An integration platform is a broad category that encompasses everything from Zapier-style workflow automation to enterprise iPaaS products. Integration infrastructure refers more specifically to the product layer that handles authentication, data delivery, field mappings, and native API access for customer-facing integrations. Ampersand provides integration infrastructure for engineering teams building native, customer-configurable integrations without rebuilding sync and auth logic for every connector.
What is the best integration infrastructure tool for AI-powered products?
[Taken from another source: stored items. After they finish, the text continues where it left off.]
-- ===== src/Queue/Counted.antt =====
-- How often an item is in the lists of common/system/queue_enhance.go.
use walletus.Base.{
  ℕ, suc, List, [], ◌∷◌, ◌++◌, true, false, if◌then◌else◌, reject, Comparable, ◌==◌, ◌≡◌, refl, sym,
  ap, ◌∙◌, ◌+◌, ◌-◌, arith, Bool-cases, inl, inr,
}
use walletus.Queue.Locked.{is_locked}

module _ {T : Type 0} ⦃c : Comparable T⦄ where
  -- How often an item is in a list.
  abbrev pub count : T → List T → ℕ
  count x [] = 0
  count x (y ∷ ys) = if y == x then suc (count x ys) else count x ys

  -- 1 when the item's lock is held, else 0.
  abbrev pub held : T → List T → ℕ
  held x locks = if is_locked x locks then 1 else 0

  pub count-append : (x : T) (xs ys : List T) → count x (xs ++ ys) ≡ count x xs + count x ys
  count-append x [] ys = omega arith
  count-append x (z ∷ zs) ys = ground (arith, count-append x zs ys)

  -- The first occurrence of an item is taken out.
  abbrev pub remove : T → List T → List T
  remove x [] = []
  remove x (y ∷ ys) = let rest = remove x ys in if y == x then ys else y ∷ rest

  pub test_refl : (x : T) → (x == x) ≡ true
  test_refl x = (c.decides x x).1 refl

  test_sym : (x y : T) → (x == y) ≡ true → (y == x) ≡ true
  test_sym x y h = (c.decides y x).1 (sym ((c.decides x y).0 h))

  pub test_ne : (x y z : T) → (z == y) ≡ true → (y == x) ≡ false → (z == x) ≡ false
  test_ne x y z same ne = ap (λ w. w == x) ((c.decides z y).0 same) ∙ ne

  pub count-remove : (x y : T) (ys : List T) → (y == x) ≡ false → count x (remove y ys) ≡ count x ys
  count-remove x y [] ne = refl
  count-remove x y (z ∷ zs) ne = elim (Bool-cases (z == y)) [
    | inl same ↦ ground (arith, same, test_ne x y z same ne)
    | inr other ↦ ground (arith, other, count-remove x y zs ne)
  ]

  pub count-remove_self : (x : T) (ys : List T) → count x (remove x ys) ≡ count x ys - 1
  count-remove_self x [] = refl
  count-remove_self x (z ∷ zs) = ground (arith, count-remove_self x zs)

  pub held-reject :
      (x y : T) (ys : List T) → (y == x) ≡ false → held x (reject (λ z. z == y) ys) ≡ held x ys
  held-reject x y [] ne = refl
  held-reject x y (z ∷ zs) ne = elim (Bool-cases (z == y)) [
    | inl same ↦ ground (arith, same, test_ne x y z same ne, held-reject x y zs ne)
    | inr other ↦ ground (arith, other, held-reject x y zs ne)
  ]

  pub held-reject_self : (x : T) (ys : List T) → held x (reject (λ z. z == x) ys) ≡ 0
  held-reject_self x [] = refl
  held-reject_self x (z ∷ zs) = ground (arith, held-reject_self x zs)
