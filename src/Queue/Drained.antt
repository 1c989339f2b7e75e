-- ===== src/Queue/Drained.antt =====
-- common/system/queue_enhance.go: a wake of the consumer empties the queue and frees its items.
use walletus.Base.{
  All-map, ℕ, zero, suc, Result, ok, err, List, [], ◌∷◌, ◌++◌, true, false, ltb, length, take, drop,
  reject, Comparable, ◌==◌, ◌≡◌, refl, sym, ap, ◌∙◌, ◌≤◌, ◌<◌, arith, Bool-cases, inl, inr,
  take-append-drop, String, if-rule, length-drop, append-nil, All, All-append, length-append,
}
use mathlib.Core.Path.{subst}
use walletus.Base.Int.{pos}
use walletus.Queue.Locked.{
  RichQueue, is_locked, enqueue, put, unlock, unlock_all, batch_dequeue, take_batch, items_of,
  after_batch, consume,
}
use walletus.Queue.Counted.{held-reject, held-reject_self, held}

module _ {T : Type 0} ⦃c : Comparable T⦄ where
  unlock_all-slots : (items : List T) (q : RichQueue T) → (unlock_all items q).slots ≡ q.slots
  unfolding unlock_all unlock
  unlock_all-slots [] q = refl
  unlock_all-slots (x ∷ xs) q = unlock_all-slots xs (unlock x q)

  held-unlock_le : (x y : T) (q : RichQueue T) → held x (unlock y q).locks ≤ held x q.locks
  unfolding unlock
  held-unlock_le x y q = elim (Bool-cases (y == x)) [
    | inl same ↦ omega (
      arith,
      held-reject_self x q.locks,
      ap (λ z. held x (reject (λ l. l == z) q.locks)) ((c.decides y x).0 same),
    )
    | inr other ↦ omega (arith, held-reject x y q.locks other)
  ]

  held-unlock_self : (x : T) (q : RichQueue T) → held x (unlock x q).locks ≡ 0
  unfolding unlock
  held-unlock_self x q = held-reject_self x q.locks

  held-unlock_all_le :
      (x : T) (items : List T) (q : RichQueue T)
      → held x (unlock_all items q).locks ≤ held x q.locks
  unfolding unlock_all
  held-unlock_all_le x [] q = omega arith
  held-unlock_all_le x (y ∷ ys) q =
      omega (arith, held-unlock_all_le x ys (unlock y q), held-unlock_le x y q)

  unlock_all-free :
      (items : List T) (q : RichQueue T) → All (λ x. held x (unlock_all items q).locks ≡ 0) items
  unfolding unlock_all
  unlock_all-free [] q = tt
  unlock_all-free (x ∷ xs) q = (
    omega (arith, held-unlock_all_le x xs (unlock x q), held-unlock_self x q),
    unlock_all-free xs (unlock x q),
  )

  -- A batch of a positive size from a queue that is not empty.
  take_batch_lem :
      (n : ℕ) (x : T) (xs : List T) (q : RichQueue T)
      → (items : List T) × (rest : RichQueue T) × (take_batch (suc n) (x ∷ xs) q ≡ (ok items, rest))
        × ((items ++ rest.slots) ≡ (x ∷ xs))
        × (length rest.slots < length (x ∷ xs))
  unfolding take_batch
  take_batch_lem n x xs q = elim (Bool-cases (ltb (suc n) (length (x ∷ xs)))) [
    | inl more ↦ (
      take (suc n) (x ∷ xs),
      record q { slots = drop (suc n) (x ∷ xs) },
      rw more refl,
      take-append-drop (suc n) (x ∷ xs),
      omega (arith, length-drop (suc n) (x ∷ xs)),
    )
    | inr all ↦ (x ∷ xs, record q { slots = [] }, rw all refl, append-nil (x ∷ xs), omega arith)
  ]

  -- What a wake leaves: nothing in the queue, and the items `xs` handed out in order and free again.
  abbrev pub Drained : List T → List T × RichQueue T → Type 0
  Drained xs r = (r.0 ≡ xs) × (r.1.slots ≡ []) × All (λ x. held x r.1.locks ≡ 0) xs

  after_batch_le :
      (x : T) (b : Result String (List T)) (q : RichQueue T) (later : List T × RichQueue T)
      → held x later.1.locks ≤ held x q.locks
      → held x (after_batch b q later).1.locks ≤ held x q.locks
  unfolding after_batch
  after_batch_le x (ok items) q later h = h
  after_batch_le x (err text) q later h = omega arith

  take_batch-locks : (n : ℕ) (xs : List T) (q : RichQueue T) → (take_batch n xs q).1.locks ≡ q.locks
  unfolding take_batch
  take_batch-locks n [] q = refl
  take_batch-locks n (x ∷ xs) q =
      if-rule {A = Result String (List T) × RichQueue T} (λ r. r.1.locks ≡ q.locks)
        (ltb n (length (x ∷ xs))) (λ more. refl) (λ all. refl)

  consume_le :
      (x : T) (fuel n : ℕ) (q : RichQueue T)
      → held x (consume fuel (pos (suc n)) q).1.locks ≤ held x q.locks
  unfolding consume batch_dequeue
  consume_le x zero n q = omega arith
  consume_le x (suc fuel) n q =
      let b = take_batch (suc n) q.slots q in
      let freed = unlock_all (items_of b.0) b.1 in
      let same = ap (λ l. held x l) (take_batch-locks (suc n) q.slots q) in
      omega (
        arith,
        same,
        after_batch_le x b.0 b.1 (consume fuel (pos (suc n)) freed)
            (omega (arith, consume_le x fuel n freed, held-unlock_all_le x (items_of b.0) b.1)),
      )

  -- The batch that starts a wake, and the rounds after it.
  consume_more :
      (fuel n : ℕ) (q : RichQueue T) (items : List T) (rest : RichQueue T)
      → batch_dequeue (pos (suc n)) q ≡ (ok items, rest)
      → consume (suc fuel) (pos (suc n)) q ≡ (
          let later = consume fuel (pos (suc n)) (unlock_all items rest) in
          (items ++ later.0, later.1))
  unfolding consume after_batch items_of
  consume_more fuel n q items rest e =
      ap {B = List T × RichQueue T}
        (λ b. after_batch b.0 b.1 (consume fuel (pos (suc n)) (unlock_all (items_of b.0) b.1))) e

  joined :
      (fuel n : ℕ) (xs items : List T) (rest : RichQueue T)
      → (items ++ rest.slots) ≡ xs
      → Drained rest.slots (consume fuel (pos (suc n)) (unlock_all items rest))
      → (let later = consume fuel (pos (suc n)) (unlock_all items rest) in
          Drained xs (items ++ later.0, later.1))
  joined fuel n xs items rest e d =
      let q = unlock_all items rest in
      let later = consume fuel (pos (suc n)) q in
      let freed =
        All-map (λ x h. omega (arith, h, consume_le x fuel n q)) items
          (unlock_all-free items rest) in
      (
        ap (λ l. items ++ l) d.0 ∙ e,
        d.1,
        subst (λ l. All (λ x. held x later.1.locks ≡ 0) l) e
            (All-append (λ x. held x later.1.locks ≡ 0) items rest.slots freed d.2),
      )

  batch_dequeue_of :
      (n : ℕ) (xs : List T) (q : RichQueue T)
      → q.slots ≡ xs
      → batch_dequeue (pos (suc n)) q ≡ take_batch (suc n) xs q
  unfolding batch_dequeue
  batch_dequeue_of n xs q e = ap (λ s. take_batch (suc n) s q) e

  consume_empty :
      (fuel n : ℕ) (q : RichQueue T) → q.slots ≡ [] → consume (suc fuel) (pos (suc n)) q ≡ ([], q)
  unfolding consume after_batch take_batch items_of
  consume_empty fuel n q e =
      ap {B = List T × RichQueue T}
        (λ b. after_batch b.0 b.1 (consume fuel (pos (suc n)) (unlock_all (items_of b.0) b.1)))
        (batch_dequeue_of n [] q e)

  drain_from :
      (fuel n : ℕ) (xs : List T) (q : RichQueue T)
      → q.slots ≡ xs
      → length xs < fuel
      → Drained xs (consume fuel (pos (suc n)) q)
  drain_from zero n xs q e few = absurd (omega arith)
  drain_from (suc fuel) n [] q e few =
      subst (Drained []) (sym (consume_empty fuel n q e)) (refl, e, tt)
  drain_from (suc fuel) n (x ∷ xs) q e few =
      let (items, rest, taken, all, fewer) = take_batch_lem n x xs q in
      let more = consume_more fuel n q items rest (batch_dequeue_of n (x ∷ xs) q e ∙ taken) in
      let later =
        drain_from fuel n rest.slots (unlock_all items rest) (unlock_all-slots items rest)
          (omega arith) in
      subst (Drained (x ∷ xs)) (sym more) (joined fuel n (x ∷ xs) items rest all later)

  -- A wake of the consumer, with batches of a positive size and handlers that put nothing into the
  -- queue: within one round more than the queue has items it has handed every item to a handler, in
  -- order, and leaves the queue empty and none of these items locked.
  pub consume-Drained :
      (fuel n : ℕ) (q : RichQueue T)
      → length q.slots < fuel
      → Drained q.slots (consume fuel (pos (suc n)) q)
  consume-Drained fuel n q enough = drain_from fuel n q.slots q refl enough

  -- An item put in while its lock is free wakes the consumer, and that wake hands it to a handler
  -- behind the items before it and frees its lock.
  pub enqueue_handled :
      (fuel n : ℕ) (item : T) (q : RichQueue T)
      → is_locked item q.locks ≡ false
      → suc (length q.slots) < fuel
      → ((enqueue item q).notify ≡ true)
        × Drained (q.slots ++ item ∷ []) (consume fuel (pos (suc n)) (enqueue item q))
  unfolding enqueue put
  enqueue_handled fuel n item q free enough = (
    rw free refl,
    drain_from fuel n (q.slots ++ item ∷ []) (enqueue item q) (rw free refl)
        (omega (arith, length-append q.slots (item ∷ []))),
  )
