-- ===== src/Queue/Exclusive.antt =====
-- common/system/queue_enhance.go: an item is in the queue or with a handler at most once.
use mathlib.Core.Path.{subst}
use walletus.Base.{
  ℕ, zero, suc, Result, List, [], ◌∷◌, ◌++◌, false, ltb, length, take, drop, Comparable, ◌==◌, ◌≡◌,
  refl, sym, ap, ◌∙◌, ◌+◌, ◌-◌, ◌≤◌, arith, Bool-cases, inl, inr, take-append-drop, String, if-rule,
}
use walletus.Base.Int.{ℤ, pos, negsuc}
use walletus.Queue.Locked.{
  RichQueue, is_locked, unlock, lock, append_slot, wake, put, enqueue, batch_enqueue, put_all,
  dequeue, batch_dequeue, take_first, take_batch, items_of,
}
use walletus.Queue.Counted.{
  count, held, remove, count-append, count-remove, count-remove_self, held-reject, test_refl,
}

-- A queue, the items that the handlers of its consumers are at, and those that a call has locked and
-- not yet appended.
pub record Jobs (T : Type 0) : Type 0 where
  pub queue : RichQueue T
  pub in_flight : List T
  pub entering : List T

module _ {T : Type 0} ⦃c : Comparable T⦄ where
  -- What may happen next. A call of `Enqueue`, or a round of `BatchEnqueue`, locks its item if the
  -- item is free, and appends it in a later step, with anything between them; a consumer takes a
  -- batch; a handler is done, whose deferred `Delete` frees the item's lock. `delays` is the first
  -- half of `EnqueueWithDelay`, for an item that is not in the works; its second half is a call of
  -- `Enqueue`. A mutex that keeps some of these steps apart leaves fewer sequences.
  pub data Step : Jobs T → Jobs T → Type 0 where
    stores :
        (j : Jobs T) (item : T)
        → is_locked item j.queue.locks ≡ false
        → Step j (record j { queue = lock item j.queue; entering = item ∷ j.entering })
    appends :
        (j : Jobs T) (item : T)
        → 1 ≤ count item j.entering
        → Step j (record j { queue = append_slot item j.queue; entering = remove item j.entering })
    notifies : (j : Jobs T) → Step j (record j { queue = wake j.queue })
    dequeues :
        (j : Jobs T) (none_value : T) → Step j (record j { queue = (dequeue none_value j.queue).1 })
    takes :
        (j : Jobs T) (size : ℤ)
        → Step j (record j {
          queue = (batch_dequeue size j.queue).1;
          in_flight = j.in_flight ++ items_of (batch_dequeue size j.queue).0;
        })
    finishes :
        (j : Jobs T) (item : T)
        → 1 ≤ count item j.in_flight
        → Step j (record j { queue = unlock item j.queue; in_flight = remove item j.in_flight })
    delays :
        (j : Jobs T) (item : T)
        → count item j.in_flight + (count item j.entering + count item j.queue.slots) ≡ 0
        → Step j (record j { queue = unlock item j.queue })

  pub data Reach (start : Jobs T) : Jobs T → Type 0 where
    here : Reach start start
    onward : {j k : Jobs T} → Reach start j → Step j k → Reach start k

  -- An item is on its way into the queue, in it or with a handler only under its lock, and once.
  abbrev pub Once : List T → List T → RichQueue T → Type 0
  Once fl en q = (x : T) → count x fl + (count x en + count x q.slots) ≤ held x q.locks

  lock-Once :
      (item : T) (fl en : List T) (q : RichQueue T)
      → Once fl en q
      → is_locked item q.locks ≡ false
      → Once fl (item ∷ en) (lock item q)
  lock-Once item fl en q once free x = elim (Bool-cases (item == x)) [
    | inl same ↦
        let x_free = ap (λ y. is_locked y q.locks) (sym ((c.decides item x).0 same)) ∙ free in
        ground (arith, same, x_free, once x)
    | inr other ↦ ground (arith, other, once x)
  ]

  append_slot-Once :
      (item : T) (fl en : List T) (q : RichQueue T)
      → Once fl en q
      → 1 ≤ count item en
      → Once fl (remove item en) (append_slot item q)
  append_slot-Once item fl en q once entering x = elim (Bool-cases (item == x)) [
    | inl same ↦
        let e = (c.decides item x).0 same in
        let fewer : count x (remove item en) ≡ count x en - 1 =
          ap (λ y. count x (remove y en)) e ∙ count-remove_self x en in
        let some_left : 1 ≤ count x en = subst (λ y. 1 ≤ count y en) e entering in
        ground (arith, same, fewer, some_left, once x, count-append x q.slots (item ∷ []))
    | inr other ↦
        ground
          (arith, other, count-remove x item en other, once x, count-append x q.slots (item ∷ []))
  ]

  unlock-Once :
      (item : T) (fl rest en : List T) (q : RichQueue T)
      → Once fl en q
      → count item rest + (count item en + count item q.slots) ≡ 0
      → ((x : T) → (item == x) ≡ false → count x rest ≤ count x fl)
      → Once rest en (unlock item q)
  unfolding unlock
  unlock-Once item fl rest en q once none_left fewer x = elim (Bool-cases (item == x)) [
    | inl same ↦
        let gone =
          ap (λ y. count y rest + (count y en + count y q.slots))
            (sym ((c.decides item x).0 same)) in
        omega (arith, gone, none_left)
    | inr other ↦ omega (arith, once x, fewer x other, held-reject x item q.locks other)
  ]

  take_first-Once :
      (d : T) (xs fl en : List T) (q : RichQueue T)
      → q.slots ≡ xs
      → Once fl en q
      → Once fl en (take_first d xs q).1
  unfolding take_first
  take_first-Once d [] fl en q e once x = once x
  take_first-Once d (y ∷ ys) fl en q e once x = ground (arith, once x, ap (λ s. count x s) e)

  take_batch-Once :
      (n : ℕ) (xs fl en : List T) (q : RichQueue T)
      → q.slots ≡ xs
      → Once fl en q
      → Once (fl ++ items_of (take_batch n xs q).0) en (take_batch n xs q).1
  unfolding take_batch items_of
  take_batch-Once n [] fl en q e once x = omega (arith, once x, count-append x fl [])
  take_batch-Once n (y ∷ ys) fl en q e once x =
      if-rule {A = Result String (List T) × RichQueue T}
        (λ r. count x (fl ++ items_of r.0) + (count x en + count x r.1.slots) ≤ held x r.1.locks)
        (ltb n (length (y ∷ ys)))
        (λ more. omega (
          arith,
          once x,
          count-append x fl (take n (y ∷ ys)),
          ap (λ s. count x s) e,
          count-append x (take n (y ∷ ys)) (drop n (y ∷ ys)),
          ap (λ s. count x s) (take-append-drop n (y ∷ ys)),
        ))
        (λ all. omega (arith, once x, count-append x fl (y ∷ ys), ap (λ s. count x s) e))

  batch_dequeue-Once :
      (size : ℤ) (fl en : List T) (q : RichQueue T)
      → Once fl en q
      → Once (fl ++ items_of (batch_dequeue size q).0) en (batch_dequeue size q).1
  unfolding batch_dequeue items_of
  batch_dequeue-Once (negsuc n) fl en q once x = omega (arith, once x, count-append x fl [])
  batch_dequeue-Once (pos zero) fl en q once x = omega (arith, once x, count-append x fl [])
  batch_dequeue-Once (pos (suc n)) fl en q once x =
      take_batch-Once (suc n) q.slots fl en q refl once x

  -- Every step keeps each item at most once in the works, under its lock.
  Step-Once :
      {j k : Jobs T}
      → Step j k
      → Once j.in_flight j.entering j.queue
      → Once k.in_flight k.entering k.queue
  unfolding dequeue
  Step-Once (stores j item free) once = lock-Once item j.in_flight j.entering j.queue once free
  Step-Once (appends j item entering) once =
      append_slot-Once item j.in_flight j.entering j.queue once entering
  Step-Once (notifies j) once = once
  Step-Once (dequeues j d) once =
      take_first-Once d j.queue.slots j.in_flight j.entering j.queue refl once
  Step-Once (takes j size) once = batch_dequeue-Once size j.in_flight j.entering j.queue once
  Step-Once (finishes j item working) once =
      unlock-Once item j.in_flight (remove item j.in_flight) j.entering j.queue once
        (ground (arith, once item, working, count-remove_self item j.in_flight))
        (λ x other. omega (arith, count-remove x item j.in_flight other))
  Step-Once (delays j item away) once =
      unlock-Once item j.in_flight j.in_flight j.entering j.queue once away (λ x other. omega arith)

  -- From a queue whose items are locked and at most once in the works, no sequence of the steps of
  -- calls, consumers and handlers, with other steps between the lock and the append of a call, brings
  -- an item twice into the queue or to the handlers, and every item on its way into the queue, in it or
  -- with a handler is locked; provided that `EnqueueWithDelay` is called only for items that are
  -- neither on their way into the queue, nor in it, nor with a handler.
  pub Reach-Once :
      {start j : Jobs T}
      → Once start.in_flight start.entering start.queue
      → Reach start j
      → Once j.in_flight j.entering j.queue
  Reach-Once once here = once
  Reach-Once once (onward r s) = Step-Once s (Reach-Once once r)

  Reach-trans : {i j k : Jobs T} → Reach i j → Reach j k → Reach i k
  Reach-trans r here = r
  Reach-trans r (onward s step) = onward (Reach-trans r s) step

  -- A round that runs alone.
  put-Reach : (j : Jobs T) (item : T) → Reach j (record j { queue = put item j.queue })
  unfolding put
  put-Reach j item = elim (Bool-cases (is_locked item j.queue.locks)) [
    | inl locked ↦ rw locked here
    | inr free ↦
        let stored = record j { queue = lock item j.queue; entering = item ∷ j.entering } in
        let left : remove item stored.entering ≡ j.entering = rw (test_refl item) refl in
        let one : 1 ≤ count item stored.entering = rw (test_refl item) (omega arith) in
        rw free (
          subst
            (λ en.
              Reach j (record j { queue = append_slot item (lock item j.queue); entering = en }))
            left (onward (onward here (stores j item free)) (appends stored item one)))
  ]

  put_free :
      (item : T) (q : RichQueue T)
      → is_locked item q.locks ≡ false
      → put item q ≡ append_slot item (lock item q)
  unfolding put
  put_free item q free = rw free refl

  -- The whole calls are such sequences.
  put_all-Reach :
      (items : List T) (j : Jobs T) → Reach j (record j { queue = put_all items j.queue })
  unfolding put_all
  put_all-Reach [] j = here
  put_all-Reach (item ∷ items) j =
      Reach-trans (put-Reach j item) (put_all-Reach items (record j { queue = put item j.queue }))

  pub batch_enqueue-Reach :
      (items : List T) (j : Jobs T) → Reach j (record j { queue = batch_enqueue items j.queue })
  unfolding batch_enqueue
  batch_enqueue-Reach items j = onward (put_all-Reach items j) (notifies _)

  pub enqueue-Reach : (item : T) (j : Jobs T) → Reach j (record j { queue = enqueue item j.queue })
  unfolding enqueue
  enqueue-Reach item j = elim (Bool-cases (is_locked item j.queue.locks)) [
    | inl locked ↦ rw locked here
    | inr free ↦
        let done = onward (put-Reach j item) (notifies _) in
        let same : put item j.queue ≡ append_slot item (lock item j.queue) =
          put_free item j.queue free in
        rw free (subst (λ q. Reach j (record j { queue = wake q })) same done)
  ]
Ampersand is the strongest option for AI-powered products because AI workflows require sub-second data delivery, agent-callable integrations, and code-based configuration alongside connector coverage. Voice agents, conversational assistants, and AI SDR products need fresh data during live interactions, connected systems exposed as callable tools, and integration configuration that fits code-based development workflows. Ampersand delivers sub-second data through event-driven Subscribe Actions, exposes connected systems as callable tools through an open-source AI SDK and MCP server, and stores configuration in declarative YAML files.
Do I need integration infrastructure if I already use a unified API?
A unified API is well-suited to shallow, horizontal integrations where the product only needs basic contact or deal data from multiple CRMs via a single endpoint. Unified APIs start to break down when enterprise customers rely on custom objects, provider-specific workflows, or low-latency sync for AI features. Ampersand supports native custom object access on all tiers and gives product teams direct credential ownership with export capability, which unified API vendors often do not provide.
How does integration infrastructure support enterprise customers with complex CRM setups?
Enterprise CRM instances often include dozens of custom objects, hundreds of custom fields, and workflows that differ from one customer to the next. Integration infrastructure supports complex CRM deployments through native API access, per-customer field mappings, and embedded UI components for self-service configuration. Ampersand provides native access to custom objects, customer-specific field mappings, and embeddable configuration components, so product teams can support complex CRM schemas regardless of plan tier or field count.